- PROBLEM DESCRIPTION: Would you return, word for word, the lines of the data below from the line with "outputs_loop = delete_output_batches" through the line with "(λ rows. record", and no others?

- DATA EXTRACT:
----------------------------------------

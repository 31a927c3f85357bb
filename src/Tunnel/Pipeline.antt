-- ===== src/Tunnel/Pipeline.antt =====
-- What a module promises when packets are on their way in both directions at once: a packet that one end of
-- src/native/src/socks5.cc and tunnel.cc has encoded is decoded later, when both ends have gone on.
use snakesocks.Base.{ℕ, ◌+◌, ◌≤◌, ◌≡◌, length, ap, sym, ◌∙◌}
use snakesocks.Io.{Bytes, Result, ok}
use snakesocks.Module.{
  BinarySafeString, ClientQuery, ConnectInfo, ClientFunctions, ServerFunctions, IsQuery, as_read,
  received,
}
use snakesocks.NetLib.{max_packet}
use snakesocks.Tunnel.{bytes_of}

module _ {I : Type 0}
    (encode : ConnectInfo I → ClientQuery → Result BinarySafeString × ConnectInfo I)
    (decode : ConnectInfo I → BinarySafeString → Result ClientQuery × ConnectInfo I)
    (Encodes Decodes : ConnectInfo I → Type 0) (overhead : ℕ) where
  -- Who can decode gets the query from the packet, and can still decode.
  abbrev pub Reads : Bytes → ClientQuery → Type 0
  Reads packet q =
      (d : ConnectInfo I)
      → Decodes d
      → (d' : ConnectInfo I) × (decode d (received packet) ≡ (ok (as_read q), d')) × Decodes d'

  -- Every query that fits becomes a packet that is not empty, is longer than the payload by `overhead` at
  -- most, and can be read whenever it arrives.
  abbrev pub IsCodec : Type 0
  IsCodec =
      (c : ConnectInfo I) (q : ClientQuery)
      → Encodes c
      → IsQuery q
      → length q.payload.str + overhead ≤ max_packet
      → (packet : Bytes) × (c' : ConnectInfo I) × (encode c q ≡ (ok (received packet), c'))
        × Encodes c'
        × (1 ≤ length packet)
        × (length packet ≤ length q.payload.str + overhead)
        × Reads packet q

-- `Client` and `Server` hold of the two ends of one connection once they have authenticated.
pub record PipelineLaws {I : Type 0} (client : ClientFunctions I) (server : ServerFunctions I)
    : Type 1 where
  pub Client : ConnectInfo I → Type 0
  pub Server : ConnectInfo I → Type 0
  pub overhead : ℕ
  pub client_codec : IsCodec client.client_encode server.server_decode Client Server overhead
  pub server_codec : IsCodec server.server_encode client.client_decode Server Client overhead

-- A module encodes a query to one packet.
pub same_packet :
    {C : Type 0} (r : Result BinarySafeString × C) (p p' : Bytes) (c c' : C)
    → r ≡ (ok (received p), c)
    → r ≡ (ok (received p'), c')
    → p ≡ p'
same_packet r p p' c c' e e' = ap bytes_of (sym e ∙ e')
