-- ===== src/Expiry/Complete.antt =====
-- What `deleteStaleEntries` and `deleteStaleOutputs` leave when nothing fails and nobody else writes.
use gocachez.Prelude.{
  ℕ, zero, suc, ◌+◌, ◌*◌, ◌≤◌, ◌<◌, ◌≡◌, refl, sym, ap, ◌∙◌, Bool, false, Option, some, List, [],
  ◌∷◌, map, select, length, arith, inl, inr,
}
use gocachez.Prelude.Int.{ℤ}
use gocachez.Catalog.{Key, Catalog, EntryRow, OutputRow, delete_where}
use gocachez.Catalog.Steps.{run}
use gocachez.Expiry.{
  Expired, last_key, age_batch, stale_action_ids, stale_output_ids, delete_stale_entries,
  delete_output_batches, delete_stale_by_key,
}
use gocachez.Expiry.Select.{sort-nil, length-zero, List-cases, delete_where-none, map-nil, take-nil}
use gocachez.Expiry.Rows.{smooth, delete_stale_by_key-Done, quiet}
use gocachez.Expiry.Scan.{left, taken, fewer, then_the_rest}
use gocachez.Expiry.Outputs.{is_stale, taken_outputs, batch_fewer, stale_rest, no_stale}

-- The rows that pass the test are gone, the others as they were, and the count is theirs.
pub record Swept (total : ℕ) (c : Catalog) (p : EntryRow → Bool) (r : Option Expired) : Type 0 where
  pub removed : ℕ
  pub result :
      r
      ≡ some (record {
        removed = removed;
        failed = false;
        catalog = record c { entries = delete_where p c.entries };
      })
  pub balance : removed + length (delete_where p c.entries) ≡ total + length c.entries

nothing_left :
    (cutoff : ℤ) (cursor : Key) (xs : List EntryRow)
    → stale_action_ids cutoff cursor xs ≡ []
    → delete_where (left cutoff cursor) xs ≡ xs
unfolding stale_action_ids
nothing_left cutoff cursor xs e = delete_where-none (left cutoff cursor) xs (
    map-nil (λ r. r.action_id) (select (left cutoff cursor) xs)
      (sort-nil (map (λ r. r.action_id) (select (left cutoff cursor) xs)) (take-nil 1999 _ e)))

module _ (cutoff : ℤ) where
  abbrev entries_loop : ℕ → ℕ → Key → ℕ → Catalog → Option Expired
  entries_loop = delete_stale_entries (λ _. quiet) cutoff

  entries_stop :
      (fuel n total : ℕ) (cursor : Key) (c : Catalog)
      → stale_action_ids cutoff cursor c.entries ≡ []
      → entries_loop (suc fuel) n cursor total c
        ≡ some (record { removed = total; failed = false; catalog = c })
  unfolding delete_stale_entries run
  entries_stop fuel n total cursor c e = rw (delete_stale_entries, e) refl

  entries_next :
      (fuel n total : ℕ) (cursor : Key) (c : Catalog) (k : Key) (ks : List Key) (m : ℕ)
      (rows : List EntryRow)
      → stale_action_ids cutoff cursor c.entries ≡ k ∷ ks
      → delete_stale_by_key (λ r. r.action_id) (λ r. r.accessed_at) cutoff smooth (k ∷ ks) c.entries
        ≡ some (m, rows)
      → entries_loop (suc fuel) n cursor total c
        ≡ entries_loop fuel (n + 1) (last_key k ks) (total + m) (record c { entries = rows })
  unfolding delete_stale_entries run
  entries_next fuel n total cursor c k ks m rows e d = rw (delete_stale_entries, e, d) refl

  pub delete_stale_entries-Swept :
      (fuel n total : ℕ) (cursor : Key) (c : Catalog)
      → length (select (left cutoff cursor) c.entries) < fuel
      → Swept total c (left cutoff cursor) (entries_loop fuel n cursor total c)
  delete_stale_entries-Swept zero n total cursor c h = absurd (omega arith)
  delete_stale_entries-Swept (suc fuel) n total cursor c h =
      elim (List-cases (stale_action_ids cutoff cursor c.entries)) [
        | inl e ↦
            let kept = nothing_left cutoff cursor c.entries e in
            record {
              removed = total;
              result =
                  entries_stop fuel n total cursor c e
                  ∙ ap
                      (λ rows. some (record {
                        removed = total;
                        failed = false;
                        catalog = record c { entries = rows };
                      }))
                      (sym kept);
              balance = omega (arith, ap length kept);
            }
        | inr (k, ks, e) ↦
            let d =
              delete_stale_by_key-Done (λ (r : EntryRow). r.action_id) (λ r. r.accessed_at) cutoff
                (k ∷ ks) c.entries in
            let rows = delete_where (taken cutoff cursor c.entries k ks e) c.entries in
            let ih =
              delete_stale_entries-Swept fuel (n + 1) (total + d.removed) (last_key k ks)
                (record c { entries = rows })
                (omega (arith, h, fewer cutoff cursor c.entries k ks e)) in
            let rest = then_the_rest cutoff cursor c.entries k ks e in
            record {
              removed = ih.removed;
              result =
                  entries_next fuel n total cursor c k ks d.removed rows e d.result
                  ∙ ih.result
                  ∙ ap
                      (λ left_rows. some (record {
                        removed = ih.removed;
                        failed = false;
                        catalog = record c { entries = left_rows };
                      }))
                      rest;
              balance = omega (arith, ih.balance, d.balance, ap length rest);
            }
      ]

-- The same for outputs.
pub record ReapedOutputs (total : ℕ) (c : Catalog) (p : OutputRow → Bool) (r : Expired)
    : Type 0 where
  pub removed : ℕ
  pub result : r ≡ record {
    removed = removed;
    failed = false;
    catalog = record c { outputs = delete_where p c.outputs };
  }
  pub balance : removed + length (delete_where p c.outputs) ≡ total + length c.outputs

module _ (cutoff : ℤ) where
  abbrev outputs_loop : ℕ → ℕ → ℕ → Catalog → Expired
  outputs_loop = delete_output_batches (λ _. quiet) cutoff

  outputs_stop :
      (b n total : ℕ) (c : Catalog)
      → stale_output_ids cutoff c.outputs ≡ []
      → outputs_loop (suc b) n total c ≡ record { removed = total; failed = false; catalog = c }
  unfolding delete_output_batches run
  outputs_stop b n total c e = rw (delete_output_batches, e) refl

  outputs_next :
      (b n total : ℕ) (c : Catalog) (k : Key) (ks : List Key) (m : ℕ) (rows : List OutputRow)
      → stale_output_ids cutoff c.outputs ≡ k ∷ ks
      → delete_stale_by_key (λ r. r.output_id) (λ r. r.accessed_at) cutoff smooth (k ∷ ks) c.outputs
        ≡ some (m, rows)
      → outputs_loop (suc b) n total c
        ≡ outputs_loop b (n + 1) (total + m) (record c { outputs = rows })
  unfolding delete_output_batches run
  outputs_next b n total c k ks m rows e d = rw (delete_output_batches, e, d) refl

  outputs_gone :
      (total : ℕ) (c : Catalog) (r : Expired)
      → select (is_stale cutoff) c.outputs ≡ []
      → r ≡ record { removed = total; failed = false; catalog = c }
      → ReapedOutputs total c (is_stale cutoff) r
  outputs_gone total c r e q =
      let kept = delete_where-none (is_stale cutoff) c.outputs e in
      record {
        removed = total;
        result =
            q
            ∙ ap
                (λ rows. record {
                  removed = total;
                  failed = false;
                  catalog = record c { outputs = rows };
                })
                (sym kept);
        balance = omega (arith, ap length kept);
      }

  pub delete_output_batches-Reaped :
      (b n total : ℕ) (c : Catalog)
      → length (select (is_stale cutoff) c.outputs) ≤ b * age_batch
      → ReapedOutputs total c (is_stale cutoff) (outputs_loop b n total c)
  delete_output_batches-Reaped zero n total c h =
      outputs_gone total c _ (length-zero (select (is_stale cutoff) c.outputs) (omega arith))
        (unfold delete_output_batches in refl)
  delete_output_batches-Reaped (suc b) n total c h =
      elim (List-cases (stale_output_ids cutoff c.outputs)) [
        | inl e ↦ outputs_gone total c _ (no_stale cutoff c.outputs e) (outputs_stop b n total c e)
        | inr (k, ks, e) ↦
            let d =
              delete_stale_by_key-Done (λ (r : OutputRow). r.output_id) (λ r. r.accessed_at) cutoff
                (k ∷ ks) c.outputs in
            let rows = delete_where (taken_outputs cutoff c.outputs k ks e) c.outputs in
            let ih =
              delete_output_batches-Reaped b (n + 1) (total + d.removed)
                (record c { outputs = rows })
                (omega (arith, h, batch_fewer cutoff c.outputs k ks e)) in
            let rest = stale_rest cutoff c.outputs k ks e in
            record {
              removed = ih.removed;
              result =
                  outputs_next b n total c k ks d.removed rows e d.result
                  ∙ ih.result
                  ∙ ap
                      (λ left_rows. record {
                        removed = ih.removed;
                        failed = false;
                        catalog = record c { outputs = left_rows };
                      })
                      rest;
              balance = omega (arith, ih.balance, d.balance, ap length rest);
            }
      ]
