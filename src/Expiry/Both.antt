-- ===== src/Expiry/Both.antt =====
-- A whole pass of `deleteAccessedBefore`.
use gocachez.Prelude.{
  ℕ, ◌+◌, ◌*◌, ◌≤◌, ◌<◌, ◌≡◌, ◌≢◌, refl, Bool, false, some, List, [], select, length, arith, inl,
  inr, All, All-imp, All-intro,
}
use gocachez.Prelude.Int.{ℤ, ltb_ℤ, leb_ℤ}
use gocachez.Catalog.{Catalog, EntryRow, OutputRow, delete_where}
use gocachez.Expiry.{
  bytes_before, age_batch, delete_stale_entries, delete_output_batches, delete_stale_outputs,
  age_max_batches, Reaped, delete_accessed_before,
}
use gocachez.Expiry.Select.{select-eq, length-select, List-cases}
use gocachez.Expiry.Rows.{quiet}
use gocachez.Expiry.Scan.{left}
use gocachez.Expiry.Outputs.{is_stale}
use gocachez.Expiry.Complete.{delete_stale_entries-Swept, delete_output_batches-Reaped}

-- Rows that are gone are those before the cutoff.
kept_rows :
    {A : Type 0} (at : A → ℤ) (cutoff : ℤ) (p : A → Bool) (xs : List A)
    → All (λ r. p r ≡ ltb_ℤ (at r) cutoff) xs
    → delete_where p xs ≡ select (λ r. leb_ℤ cutoff (at r)) xs
unfolding delete_where
kept_rows at cutoff p xs a = select-eq _ _ xs (All-imp _ _ xs (λ r e. ground (arith, e)) a)

past_nothing :
    (cutoff : ℤ) (e : EntryRow) → e.action_id ≢ [] → left cutoff [] e ≡ ltb_ℤ e.accessed_at cutoff
past_nothing cutoff e h = elim (List-cases e.action_id) [
  | inl n ↦ absurd (h n)
  | inr (k, ks, q) ↦ unfold bytes_before in rw q (ground arith)
]

both_fine :
    (cutoff : ℤ) (fuel m n : ℕ) (c c1 c2 : Catalog)
    → delete_stale_entries (λ _. quiet) cutoff fuel 0 [] 0 c
      ≡ some (record { removed = m; failed = false; catalog = c1 })
    → delete_output_batches (λ _. quiet) cutoff age_max_batches 0 0 c1
      ≡ record { removed = n; failed = false; catalog = c2 }
    → delete_accessed_before (λ _. quiet) (λ _. quiet) cutoff fuel c
      ≡ some (record { entries = m; outputs = n; failed = false; catalog = c2 })
unfolding delete_accessed_before delete_stale_outputs
both_fine cutoff fuel m n c c1 c2 e f = rw (delete_accessed_before, e, f) refl

-- A pass of expiry that nothing disturbs ends, without an error, and leaves exactly the entries and
-- the outputs that were accessed at the cutoff or later, in their order, and it reports how many
-- rows of each table it removed: where no action ID is empty and at most 4,000,000 outputs are
-- stale, with more fuel than there are entries.
pub delete_accessed_before-Reaped :
    (cutoff : ℤ) (fuel : ℕ) (c : Catalog)
    → All (λ e. e.action_id ≢ []) c.entries
    → length c.entries < fuel
    → length (select (λ o. ltb_ℤ o.accessed_at cutoff) c.outputs) ≤ age_max_batches * age_batch
    → (r : Reaped) × (delete_accessed_before (λ _. quiet) (λ _. quiet) cutoff fuel c ≡ some r)
      × (r.failed ≡ false)
      × (r.catalog ≡ record c {
        entries = select (λ e. leb_ℤ cutoff e.accessed_at) c.entries;
        outputs = select (λ o. leb_ℤ cutoff o.accessed_at) c.outputs;
      })
      × (r.entries + length r.catalog.entries ≡ length c.entries)
      × (r.outputs + length r.catalog.outputs ≡ length c.outputs)
delete_accessed_before-Reaped cutoff fuel c named enough few =
    let x =
      delete_stale_entries-Swept cutoff fuel 0 0 [] c
        (omega (arith, enough, length-select (left cutoff []) c.entries)) in
    let mid : Catalog = record c { entries = delete_where (left cutoff []) c.entries } in
    let y = delete_output_batches-Reaped cutoff age_max_batches 0 0 mid few in
    let es =
      kept_rows (λ (e : EntryRow). e.accessed_at) cutoff (left cutoff []) c.entries
        (All-imp _ _ c.entries (past_nothing cutoff) named) in
    let os =
      kept_rows (λ (o : OutputRow). o.accessed_at) cutoff (is_stale cutoff) c.outputs
        (All-intro _ (λ _. refl) c.outputs) in
    let r : Reaped = record {
      entries = x.removed;
      outputs = y.removed;
      failed = false;
      catalog = record mid { outputs = delete_where (is_stale cutoff) c.outputs };
    } in
    (
      r,
      both_fine cutoff fuel x.removed y.removed c mid r.catalog x.result y.result,
      refl,
      cc (es, os),
      omega (arith, x.balance),
      omega (arith, y.balance),
    )
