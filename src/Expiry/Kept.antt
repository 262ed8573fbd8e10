-- ===== src/Expiry/Kept.antt =====
-- What a pass of expiry keeps, while others use the catalog and whatever fails.
use gocachez.Prelude.{
  ℕ, zero, suc, ◌+◌, Bool, ◌&&◌, Option, none, some, List, [], ◌∷◌, Bool-cases, inl, inr,
}
use gocachez.Prelude.Int.{ℤ, pos}
use gocachez.Catalog.{Key, Catalog, EntryRow, OutputRow}
use gocachez.Catalog.Steps.{run}
use gocachez.Expiry.{
  Batch, Expired, last_key, stale_action_ids, stale_output_ids, delete_stale_entries,
  delete_output_batches, delete_stale_outputs, age_max_batches, delete_stale_by_key, Transaction,
  delete_keys, Reaped, delete_accessed_before, prune_old_entries,
}
use gocachez.Expiry.Select.{List-cases}
use gocachez.Expiry.Scan.{left}
use gocachez.Prelude.{Option-cases}
use gocachez.Prelude.Int.{eqb_ℤ}
use gocachez.Catalog.Steps.{expire_entry, expire_output}

-- What others do in the rounds keeps a property of the catalog, and a pass ends with it.
module _ (Q : Catalog → Type 0) where
  abbrev pub Harmless : (ℕ → Batch) → Type 0
  Harmless batches =
      (n : ℕ) (c : Catalog) → Q c → Q (run (batches n).before c) × Q (run (batches n).between c)

  abbrev pub KeptReaped : Option Reaped → Type 0
  KeptReaped none = Unit
  KeptReaped (some r) = Q r.catalog

-- What no deletion of a stale row takes away and nobody else either holds all along.
module _ (Q : Catalog → Type 0) (cutoff : ℤ)
    (by_entry : (k : Key) (c : Catalog) → Q c → Q (expire_entry k cutoff c))
    (by_output : (k : Key) (c : Catalog) → Q c → Q (expire_output k cutoff c)) where
  abbrev KeptEntries : Catalog → Option (ℕ × List EntryRow) → Type 0
  KeptEntries c none = Unit
  KeptEntries c (some (m, rows)) = Q (record c { entries = rows })

  abbrev KeptOutputs : Catalog → Option (ℕ × List OutputRow) → Type 0
  KeptOutputs c none = Unit
  KeptOutputs c (some (m, rows)) = Q (record c { outputs = rows })

  entry_keys :
      (ok : ℕ → Bool) (ks : List Key) (n : ℕ) (c : Catalog)
      → Q c
      → KeptEntries c (delete_keys (λ e. e.action_id) (λ e. e.accessed_at) cutoff ok ks n c.entries)
  unfolding delete_keys expire_entry
  entry_keys ok [] n c q = q
  entry_keys ok (k ∷ ks) n c q =
      let c' = expire_entry k cutoff c in
      let ih = entry_keys ok ks (n + 1) c' (by_entry k c q) in
      elim (Bool-cases (ok n)) [
        | inr f ↦ rw (delete_keys, f) tt
        | inl t ↦
            elim (Option-cases (
              delete_keys (λ (e : EntryRow). e.action_id) (λ e. e.accessed_at) cutoff ok ks (n + 1)
                c'.entries)) [
                  | inl e ↦ rw (delete_keys, t, e) tt
                  | inr ((m, rows), e) ↦ rw (delete_keys, t, e) (rw e at ih)
                ]
      ]

  output_keys :
      (ok : ℕ → Bool) (ks : List Key) (n : ℕ) (c : Catalog)
      → Q c
      → KeptOutputs c (delete_keys (λ o. o.output_id) (λ o. o.accessed_at) cutoff ok ks n c.outputs)
  unfolding delete_keys expire_output
  output_keys ok [] n c q = q
  output_keys ok (k ∷ ks) n c q =
      let c' = expire_output k cutoff c in
      let ih = output_keys ok ks (n + 1) c' (by_output k c q) in
      elim (Bool-cases (ok n)) [
        | inr f ↦ rw (delete_keys, f) tt
        | inl t ↦
            elim (Option-cases (
              delete_keys (λ (o : OutputRow). o.output_id) (λ o. o.accessed_at) cutoff ok ks (n + 1)
                c'.outputs)) [
                  | inl e ↦ rw (delete_keys, t, e) tt
                  | inr ((m, rows), e) ↦ rw (delete_keys, t, e) (rw e at ih)
                ]
      ]

  -- The same of a whole transaction, which takes all of its deletions back when it fails.
  abbrev stale_entries : Transaction → List Key → Catalog → Option (ℕ × List EntryRow)
  stale_entries t ks c =
      delete_stale_by_key (λ e. e.action_id) (λ e. e.accessed_at) cutoff t ks c.entries

  abbrev stale_outputs : Transaction → List Key → Catalog → Option (ℕ × List OutputRow)
  stale_outputs t ks c =
      delete_stale_by_key (λ o. o.output_id) (λ o. o.accessed_at) cutoff t ks c.outputs

  entry_transaction :
      (t : Transaction) (ks : List Key) (c : Catalog) → Q c → KeptEntries c (stale_entries t ks c)
  unfolding delete_stale_by_key
  entry_transaction t ks c q =
      let ih = entry_keys t.deletes ks 0 c q in
      elim (Bool-cases (t.begins && t.prepares)) [
        | inr f ↦ rw (delete_stale_by_key, f) tt
        | inl b ↦
            elim (Option-cases (
              delete_keys (λ (e : EntryRow). e.action_id) (λ e. e.accessed_at) cutoff t.deletes ks 0
                c.entries)) [
                  | inl e ↦ rw (delete_stale_by_key, b, e) tt
                  | inr ((m, rows), e) ↦ elim (Bool-cases t.commits) [
                    | inr f ↦ rw (delete_stale_by_key, b, e, f) tt
                    | inl d ↦ rw (delete_stale_by_key, b, e, d) (rw e at ih)
                  ]
                ]
      ]

  output_transaction :
      (t : Transaction) (ks : List Key) (c : Catalog) → Q c → KeptOutputs c (stale_outputs t ks c)
  unfolding delete_stale_by_key
  output_transaction t ks c q =
      let ih = output_keys t.deletes ks 0 c q in
      elim (Bool-cases (t.begins && t.prepares)) [
        | inr f ↦ rw (delete_stale_by_key, f) tt
        | inl b ↦
            elim (Option-cases (
              delete_keys (λ (o : OutputRow). o.output_id) (λ o. o.accessed_at) cutoff t.deletes ks
                0 c.outputs)) [
                  | inl e ↦ rw (delete_stale_by_key, b, e) tt
                  | inr ((m, rows), e) ↦ elim (Bool-cases t.commits) [
                    | inr f ↦ rw (delete_stale_by_key, b, e, f) tt
                    | inl d ↦ rw (delete_stale_by_key, b, e, d) (rw e at ih)
                  ]
                ]
      ]

  abbrev KeptExpired : Option Expired → Type 0
  KeptExpired none = Unit
  KeptExpired (some x) = Q x.catalog

  entry_batches :
      (batches : ℕ → Batch)
      → Harmless Q batches
      → (fuel n total : ℕ) (cursor : Key) (c : Catalog) → Q c
      → KeptExpired (delete_stale_entries batches cutoff fuel n cursor total c)
  unfolding delete_stale_entries
  entry_batches batches h zero n total cursor c q = tt
  entry_batches batches h (suc fuel) n total cursor c q =
      let b = batches n in
      let c1 = run b.before c in
      let q1 = (h n c q).0 in
      let c2 = run b.between c1 in
      let q2 = (h n c1 q1).1 in
      elim (Bool-cases b.reads) [
        | inr f ↦ rw (delete_stale_entries, f) q1
        | inl t ↦ elim (List-cases (stale_action_ids cutoff cursor c1.entries)) [
          | inl e ↦ rw (delete_stale_entries, t, e) q1
          | inr (k, ks, e) ↦
              let done = entry_transaction b.transaction (k ∷ ks) c2 q2 in
              elim (Option-cases (stale_entries b.transaction (k ∷ ks) c2)) [
                | inl d ↦ rw (delete_stale_entries, t, e, d) q2
                | inr ((m, rows), d) ↦
                    rw (delete_stale_entries, t, e, d)
                      (entry_batches batches h fuel (n + 1) (total + m) (last_key k ks)
                        (record c2 { entries = rows }) (rw d at done))
              ]
        ]
      ]

  output_batches :
      (batches : ℕ → Batch)
      → Harmless Q batches
      → (left n total : ℕ) (c : Catalog) → Q c
      → Q (delete_output_batches batches cutoff left n total c).catalog
  unfolding delete_output_batches
  output_batches batches h zero n total c q = q
  output_batches batches h (suc left) n total c q =
      let b = batches n in
      let c1 = run b.before c in
      let q1 = (h n c q).0 in
      let c2 = run b.between c1 in
      let q2 = (h n c1 q1).1 in
      elim (Bool-cases b.reads) [
        | inr f ↦ rw (delete_output_batches, f) q1
        | inl t ↦ elim (List-cases (stale_output_ids cutoff c1.outputs)) [
          | inl e ↦ rw (delete_output_batches, t, e) q1
          | inr (k, ks, e) ↦
              let done = output_transaction b.transaction (k ∷ ks) c2 q2 in
              elim (Option-cases (stale_outputs b.transaction (k ∷ ks) c2)) [
                | inl d ↦ rw (delete_output_batches, t, e, d) q2
                | inr ((m, rows), d) ↦
                    rw (delete_output_batches, t, e, d)
                      (output_batches batches h left (n + 1) (total + m)
                        (record c2 { outputs = rows }) (rw d at done))
              ]
        ]
      ]

  pub prune_old_entries-Kept :
      (entry_rounds output_rounds : ℕ → Batch)
      → Harmless Q entry_rounds
      → Harmless Q output_rounds
      → (fuel : ℕ) (c : Catalog) → Q c
      → KeptReaped Q (prune_old_entries entry_rounds output_rounds cutoff fuel c)
  unfolding prune_old_entries delete_accessed_before delete_stale_outputs
  prune_old_entries-Kept es os he ho fuel c q =
      let kept = entry_batches es he fuel 0 0 [] c q in
      elim (Bool-cases (eqb_ℤ cutoff (pos 0))) [
        | inl t ↦ rw (prune_old_entries, t) q
        | inr f ↦ elim (Option-cases (delete_stale_entries es cutoff fuel 0 [] 0 c)) [
          | inl e ↦ rw (prune_old_entries, f, delete_accessed_before, e) tt
          | inr (x, e) ↦
              let qx : Q x.catalog = rw e at kept in
              elim (Bool-cases x.failed) [
                | inl bad ↦ rw (prune_old_entries, f, delete_accessed_before, e, bad) qx
                | inr ok ↦
                    rw (prune_old_entries, f, delete_accessed_before, e, ok)
                      (output_batches os ho age_max_batches 0 0 x.catalog qx)
              ]
        ]
      ]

----------------------------------------

- EXPECTED ANSWER:
  outputs_loop = delete_output_batches (λ _. quiet) cutoff

  outputs_stop :
      (b n total : ℕ) (c : Catalog)
      → stale_output_ids cutoff c.outputs ≡ []
      → outputs_loop (suc b) n total c ≡ record { removed = total; failed = false; catalog = c }
  unfolding delete_output_batches run
  outputs_stop b n total c e = rw (delete_output_batches, e) refl

  outputs_next :
      (b n total : ℕ) (c : Catalog) (k : Key) (ks : List Key) (m : ℕ) (rows : List OutputRow)
      → stale_output_ids cutoff c.outputs ≡ k ∷ ks
      → delete_stale_by_key (λ r. r.output_id) (λ r. r.accessed_at) cutoff smooth (k ∷ ks) c.outputs
        ≡ some (m, rows)
      → outputs_loop (suc b) n total c
        ≡ outputs_loop b (n + 1) (total + m) (record c { outputs = rows })
  unfolding delete_output_batches run
  outputs_next b n total c k ks m rows e d = rw (delete_output_batches, e, d) refl

  outputs_gone :
      (total : ℕ) (c : Catalog) (r : Expired)
      → select (is_stale cutoff) c.outputs ≡ []
      → r ≡ record { removed = total; failed = false; catalog = c }
      → ReapedOutputs total c (is_stale cutoff) r
  outputs_gone total c r e q =
      let kept = delete_where-none (is_stale cutoff) c.outputs e in
      record {
        removed = total;
        result =
            q
            ∙ ap
                (λ rows. record {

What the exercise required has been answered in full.